▶ **Problem**
Every line holding "IsTidyEntry" should be copied from the records below.

▶ **Given information**
-- ===== src/Application/Overlay.antt =====
-- src/main.cpp: the state that the event handler of Application::run works on, the overlay that is
-- shown while the node is not connected, and the thread that launches bitcoind.
use bitcoin_tui.Base.{
  ℕ, zero, suc, Bool, true, false, ◌&&◌, not, List, Bytes, codes, same_bytes, ◌==◌, if◌then◌else◌,
  ℤ, pos, negsuc, ◌+ℤ◌, ◌-ℤ◌, min_ℤ, max_ℤ,
}

-- What the handler tells apart: a press of the left mouse button has its place.
pub data Event : Type 0 where
  escape return_key backspace tab_key tab_reverse arrow_left arrow_right : Event
  character : Bytes → Event
  moved : Event
  left_pressed : ℤ → ℤ → Event
  other_mouse other_event : Event

-- The thread that runs launch_bitcoind: it clears launch_in_flight and then sets launch_done.
pub data LaunchThread : Type 0 where
  idle launching flag_cleared : LaunchThread

-- How many steps the launch thread takes while the handler works on Enter: behind the load of
-- launch_in_flight, between the load of launch_done and the stores, between the two stores, and
-- before launch_in_flight is loaded again.
pub record Pauses : Type 0 where
  pub before_done : ℕ
  pub before_stores : ℕ
  pub between_stores : ℕ
  pub before_exit : ℕ

-- `tabs` is the state of all tabs. `connected` is that of AppState; `launches` counts the threads
-- that were started, and `exited` is whether the loop was told to end.
pub record Application (T : Type 0) : Type 0 where
  pub connected : Bool
  pub can_launch : Bool
  pub launch_in_flight : Bool
  pub launch_done : Bool
  pub launch_thread : LaunchThread
  pub launches : ℕ
  pub conn_overlay_sel : ℤ
  pub exited : Bool
  pub tab_labels : List Bytes
  pub tab_index : ℤ
  pub global_search_active : Bool
  pub global_search_str : Bytes
  pub tabs : T

abbrev pub is_zero : ℤ → Bool
is_zero (pos n) = n == 0
is_zero (negsuc n) = false

module _ {T : Type 0} where
  unfoldable pub exit_loop : Application T → Application T
  exit_loop s = record s { exited = true }

  -- The thread's next step.
  unfoldable pub step_of : LaunchThread → Application T → Application T
  step_of idle s = s
  step_of launching s = record s { launch_in_flight = false; launch_thread = flag_cleared }
  step_of flag_cleared s = record s { launch_done = true; launch_thread = idle }

  unfoldable pub thread_step : Application T → Application T
  unfolding step_of
  thread_step s = step_of s.launch_thread s

  unfoldable pub thread_steps : ℕ → Application T → Application T
  thread_steps zero s = s
  thread_steps (suc k) s = thread_steps k (thread_step s)

  -- The stores, and the new thread. A thread that is joined takes the steps that are left, at most
  -- two.
  unfoldable pub launch : Pauses → Application T → Application T
  unfolding thread_steps
  launch p s =
      let stored = thread_steps p.between_stores (record s { launch_in_flight = true }) in
      let joined = thread_steps 2 (record stored { launch_done = false }) in
      record joined { launch_thread = launching; launches = suc s.launches }

  abbrev pub max_sel : Application T → ℤ
  max_sel s = if s.can_launch then pos 1 else pos 0

  -- `else if (!launch_in_flight.load())`
  unfoldable pub or_exit : Application T → Application T
  unfolding exit_loop
  or_exit s = if not s.launch_in_flight then exit_loop s else s

  -- From the load of launch_done on.
  unfoldable pub launch_unless_done : Pauses → Application T → Application T
  unfolding launch or_exit
  launch_unless_done p s =
      if not s.launch_done
      then launch p (thread_steps p.before_stores s)
      else or_exit (thread_steps p.before_exit s)

  unfoldable pub overlay_return : Pauses → Application T → Application T
  unfolding launch_unless_done
  overlay_return p s =
      if s.can_launch && is_zero s.conn_overlay_sel && not s.launch_in_flight
      then launch_unless_done p (thread_steps p.before_done s)
      else or_exit (thread_steps p.before_exit s)

  -- The overlay that is shown while the node is not connected: it takes every event.
  unfoldable pub overlay_key : Pauses → Event → Application T → Application T
  unfolding overlay_return exit_loop
  overlay_key p escape s = exit_loop s
  overlay_key p (character c) s = if same_bytes c (codes "q") then exit_loop s else s
  overlay_key p return_key s = overlay_return p s
  overlay_key p arrow_left s = record s {
    conn_overlay_sel = max_ℤ (s.conn_overlay_sel -ℤ pos 1) (pos 0);
  }
  overlay_key p arrow_right s = record s {
    conn_overlay_sel = min_ℤ (s.conn_overlay_sel +ℤ pos 1) (max_sel s);
  }
  overlay_key p _ s = s
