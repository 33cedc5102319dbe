-- ===== src/Agenda/Addressing.antt =====
-- src/pic_agentic/agenda/engine.py, `leaf_at`: the leaf at a path, and an assignment to its fields.
pub mod Names
pub mod Lookup
pub mod Update
use pic_agentic.Common.{
  String, Option, none, some, List, [], ◌∷◌, str_eq, split_char, if◌then◌else◌,
}
use pic_agentic.Agenda.Model.{
  AgendaSim, Entry, sim, group, Entries, no_entries, entry, AgendaGroup, get_entry,
}

abbrev pub leaf_of : Option Entry → Option AgendaSim
leaf_of (some (sim s)) = some s
leaf_of _ = none

abbrev pub group_of : Option Entry → Entries
group_of (some (group info es)) = es
group_of _ = no_entries

-- From group to group by the names of the path; no group, or no such entry, has no leaf.
unfoldable pub find_leaf : List String → Entries → Option AgendaSim
find_leaf [] es = none
find_leaf (name ∷ []) es = leaf_of (get_entry name es)
find_leaf (name ∷ next ∷ names) es = find_leaf (next ∷ names) (group_of (get_entry name es))

unfoldable pub leaf_at : AgendaGroup → String → Option AgendaSim
unfolding find_leaf
leaf_at agenda path = find_leaf (split_char b'/' path) agenda.entries

-- The same walk, with an assignment to the fields of the leaf that it ends at.
unfoldable mutual
  pub update_entry : List String → (AgendaSim → AgendaSim) → Entry → Entry
  update_entry [] f (sim s) = sim (f s)
  update_entry (name ∷ names) f (sim s) = sim s
  update_entry names f (group info es) = group info (update_entries names f es)

  pub update_entries : List String → (AgendaSim → AgendaSim) → Entries → Entries
  update_entries names f no_entries = no_entries
  update_entries [] f (entry k e rest) = entry k e rest
  update_entries (name ∷ names) f (entry k e rest) =
      let here = entry k (update_entry names f e) rest in
      let there = entry k e (update_entries (name ∷ names) f rest) in
      if str_eq k name then here else there

-- `leaf = leaf_at(agenda, path)`, and, if there is one, `leaf.field = ...` on the deep copy.
unfoldable pub set_leaf : AgendaGroup → String → (AgendaSim → AgendaSim) → AgendaGroup
set_leaf agenda path f = record {
  info = agenda.info;
  entries = update_entries (split_char b'/' path) f agenda.entries;
}
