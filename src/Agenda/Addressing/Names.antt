-- ===== src/Agenda/Addressing/Names.antt =====
-- The leaves of a tree by the names that lead to them, and their paths as those names joined.
use mathlib.Core.List.{append_assoc, append-nil, map-append}
use text.Mathlib.TextLemmas.{cons-append, nil-append}
use pic_agentic.Common.{
  String, ◌≡◌, refl, sym, ◌∙◌, ap, false, none, List, [], ◌∷◌, ◌++◌, map, arith, All, All-append,
  All-map, concat, is_empty, contains_char, split_char, split_char_plain, split_char-append,
}
use pic_agentic.Agenda.Model.{
  AgendaSim, Entry, sim, group, Entries, no_entries, entry, AgendaGroup, Leaf, get_entry, join_path,
  walk_entry, walk_leaves, validate_entry_name,
}

abbrev pub Named : Type 0
Named = List String × AgendaSim

abbrev pub below : String → Named → Named
below name (names, s) = (name ∷ names, s)

unfoldable mutual
  pub named_entry : Entry → List Named
  named_entry (sim s) = ([], s) ∷ []
  named_entry (group info es) = named_leaves es

  pub named_leaves : Entries → List Named
  named_leaves no_entries = []
  named_leaves (entry name e rest) = map (below name) (named_entry e) ++ named_leaves rest

unfoldable pub path_from : String → List String → String
path_from prefix [] = prefix
path_from prefix (name ∷ names) = path_from (join_path prefix name) names

abbrev pub addressed : String → Named → Leaf
addressed prefix (names, s) = (path_from prefix names, s)

map-below :
    (prefix name : String) (l : List Named)
    → map (addressed prefix) (map (below name) l) ≡ map (addressed (join_path prefix name)) l
unfolding path_from
map-below prefix name [] = refl
map-below prefix name ((names, s) ∷ l) =
    ap (λ r. (path_from (join_path prefix name) names, s) ∷ r) (map-below prefix name l)

mutual
  unfolding walk_leaves named_leaves path_from

  walk_named_entry :
      (path : String) (e : Entry) → walk_entry path e ≡ map (addressed path) (named_entry e)
  walk_named_entry path (sim s) = refl
  walk_named_entry path (group info es) = walk_named path es

  pub walk_named :
      (prefix : String) (es : Entries)
      → walk_leaves prefix es ≡ map (addressed prefix) (named_leaves es)
  walk_named prefix no_entries = refl
  walk_named prefix (entry name e rest) =
      rw (map-append, map-below, walk_named_entry (join_path prefix name) e, walk_named prefix rest)

-- Every key is a legal name, and none stands twice in one group.
abbrev mutual
  pub IsTidyEntry : Entry → Type 0
  IsTidyEntry (sim s) = Unit
  IsTidyEntry (group info es) = AreTidy es

  pub AreTidy : Entries → Type 0
  AreTidy no_entries = Unit
  AreTidy (entry name e rest) =
      (validate_entry_name name ≡ none)
      × (get_entry name rest ≡ none)
      × IsTidyEntry e
      × AreTidy rest

abbrev pub IsTidy : AgendaGroup → Type 0
IsTidy agenda = AreTidy agenda.entries

-- What a legal name is not.
legal_name :
    (name : String)
    → validate_entry_name name ≡ none
    → (is_empty name ≡ false) × (contains_char b'/' name ≡ false)
unfolding validate_entry_name
legal_name name h = (ground arith, ground arith)

abbrev pub AreLegal : List String → Type 0
AreLegal names = All (λ n. validate_entry_name n ≡ none) names

slash : (s : String) → concat "/" s ≡ String.◌∷◌ "/" s
slash s = cons-append "/" String.[] s ∙ ap (String.◌∷◌ "/") (nil-append s)

split_join :
    (prefix name : String)
    → is_empty prefix ≡ false
    → validate_entry_name name ≡ none
    → split_char b'/' (join_path prefix name) ≡ split_char b'/' prefix ++ name ∷ []
unfolding join_path
split_join prefix name h legal = rw (
  h,
  slash name,
  split_char-append "/" prefix name,
  split_char_plain "/" name (legal_name name legal).1,
)

not_empty_concat : (s t : String) → is_empty s ≡ false → is_empty (concat s t) ≡ false
not_empty_concat String.[] t h = cc
not_empty_concat (String.◌∷◌ c s) t h = rw (cons-append c s t) refl

join_path-not_empty :
    (prefix name : String) → is_empty prefix ≡ false → is_empty (join_path prefix name) ≡ false
unfolding join_path
join_path-not_empty prefix name h = rw h (not_empty_concat prefix (concat "/" name) h)

split_path_from :
    (prefix : String) (names : List String)
    → is_empty prefix ≡ false
    → AreLegal names
    → split_char b'/' (path_from prefix names) ≡ split_char b'/' prefix ++ names
unfolding path_from
split_path_from prefix [] h legal = sym (append-nil _)
split_path_from prefix (name ∷ names) h legal =
    split_path_from (join_path prefix name) names (join_path-not_empty prefix name h) legal.1
    ∙ rw (split_join prefix name h legal.0)
        (append_assoc (split_char b'/' prefix) (name ∷ []) names)

-- Splitting the path of a leaf gives the names that lead to it.
pub split-path_from :
    (name : String) (names : List String)
    → AreLegal (name ∷ names)
    → split_char b'/' (path_from "" (name ∷ names)) ≡ name ∷ names
unfolding path_from join_path
split-path_from name names legal =
    let plain = legal_name name legal.0 in
    split_path_from name names plain.0 legal.1 ∙ rw (split_char_plain "/" name plain.1) refl

-- Names that lead from a root to a leaf.
pub record IsPlace (names : List String) : Type 0 where
  pub first : String
  pub others : List String
  pub whole : names ≡ first ∷ others
  pub legal : AreLegal (first ∷ others)

pub split-IsPlace :
    (names : List String) → IsPlace names → split_char b'/' (path_from "" names) ≡ names
split-IsPlace names h = rw h.whole (split-path_from h.first h.others h.legal)

module _ {ℓ} (P : Named → Type ℓ) where
  pub All-below :
      (name : String) (l : List Named)
      → All (λ (nm : Named). P (below name nm)) l
      → All P (map (below name) l)
  All-below name [] h = tt
  All-below name (nm ∷ l) h = (h.0, All-below name l h.1)

mutual
  unfolding named_leaves

  legal_entry : (e : Entry) → IsTidyEntry e → All (λ (nm : Named). AreLegal nm.0) (named_entry e)
  legal_entry (sim s) h = (tt, tt)
  legal_entry (group info es) h = legal_leaves es h

  pub legal_leaves :
      (es : Entries) → AreTidy es → All (λ (nm : Named). AreLegal nm.0) (named_leaves es)
  legal_leaves no_entries h = tt
  legal_leaves (entry name e rest) h =
      All-append (λ (nm : Named). AreLegal nm.0) (map (below name) (named_entry e))
        (named_leaves rest)
        (All-below (λ (nm : Named). AreLegal nm.0) name (named_entry e)
          (All-map (λ nm l. (h.0, l)) (named_entry e) (legal_entry e h.2)))
        (legal_leaves rest h.3)

abbrev pub NotRoot : Named → Type 0
NotRoot nm = (first : String) × (others : List String) × (nm.0 ≡ first ∷ others)

outside_below : (name : String) (l : List Named) → All NotRoot (map (below name) l)
outside_below name [] = tt
outside_below name ((names, s) ∷ l) = ((name, names, refl), outside_below name l)

pub not_root : (es : Entries) → All NotRoot (named_leaves es)
unfolding named_leaves
not_root no_entries = tt
not_root (entry name e rest) =
    All-append NotRoot (map (below name) (named_entry e)) (named_leaves rest)
      (outside_below name (named_entry e)) (not_root rest)

places :
    (l : List Named)
    → All (λ (nm : Named). AreLegal nm.0) l
    → All NotRoot l
    → All (λ (nm : Named). IsPlace nm.0) l
places [] a b = tt
places ((names, s) ∷ l) (legal, a) ((first, others, e), b) =
    (record { first = first; others = others; whole = e; legal = rw e at legal }, places l a b)

pub leaves-IsPlace :
    (es : Entries) → AreTidy es → All (λ (nm : Named). IsPlace nm.0) (named_leaves es)
leaves-IsPlace es h = places (named_leaves es) (legal_leaves es h) (not_root es)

▶ **Answer section**
  pub IsTidyEntry : Entry → Type 0
  IsTidyEntry (sim s) = Unit
  IsTidyEntry (group info es) = AreTidy es
      × IsTidyEntry e
  legal_entry : (e : Entry) → IsTidyEntry e → All (λ (nm : Named). AreLegal nm.0) (named_entry e)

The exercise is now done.